Use of the GPX Embolic Device in Patients Requiring Embolization

This study involves blood vessel embolization, under fluoroscopic guidance, using the GPX Embolic Device. Participants will undergo a transcatheter embolization procedure, performed by a medical doctor (i.e., an interventional radiologist or vascular surgeon) in a hospital setting typically in under one hour, where GPX Embolic Device will be injected to a blood vessel needing to be treated. Once deployed in the subject's blood vessel, the GPX Embolic device will solidify to a gel-like solid within a few minutes. GPX Embolic Device will then remain in the patient throughout their lifetime. GPX Embolic Device will only be delivered to the subject once, and only up to 3mL of GPX Embolic Device will be administered.

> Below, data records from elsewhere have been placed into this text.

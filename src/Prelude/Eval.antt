-- ===== src/Prelude/Eval.antt =====
-- One name for the containers, for the `unfolding` line of a test by evaluation.
use sloff.Prelude.Lists.{any, all, keep}
use sloff.Prelude.Keys.{contains, erase}
use sloff.Prelude.Maps.{lookup, insert}
use sloff.Prelude.Sort.{sort}
use sloff.Prelude.Text.{str_ltb, has_prefix}

unfoldable pub containers : Unit {0}
unfolding any all keep contains erase lookup insert sort str_ltb has_prefix
containers = tt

GPX administration will be personalised to each patient based on their health condition and their doctor's treatment decisions. Subjects will be contacted for 7-day and 30-day follow-ups. The patient may undergo an additional imaging procedure along with their final follow-up to view the GPX Embolic Device and affected anatomy. Participants will receive a Patient Information Sheet prior to consenting to the study informing them of the procedure and study. Physicians and staff involved in the study will be trained on the use of the device and on the study protocol and procedures. They will receive the study protocol, Investigator's Brochure, and other study materials (e.g., Case Report Forms) to enable them to enroll subjects and follow them through the study period.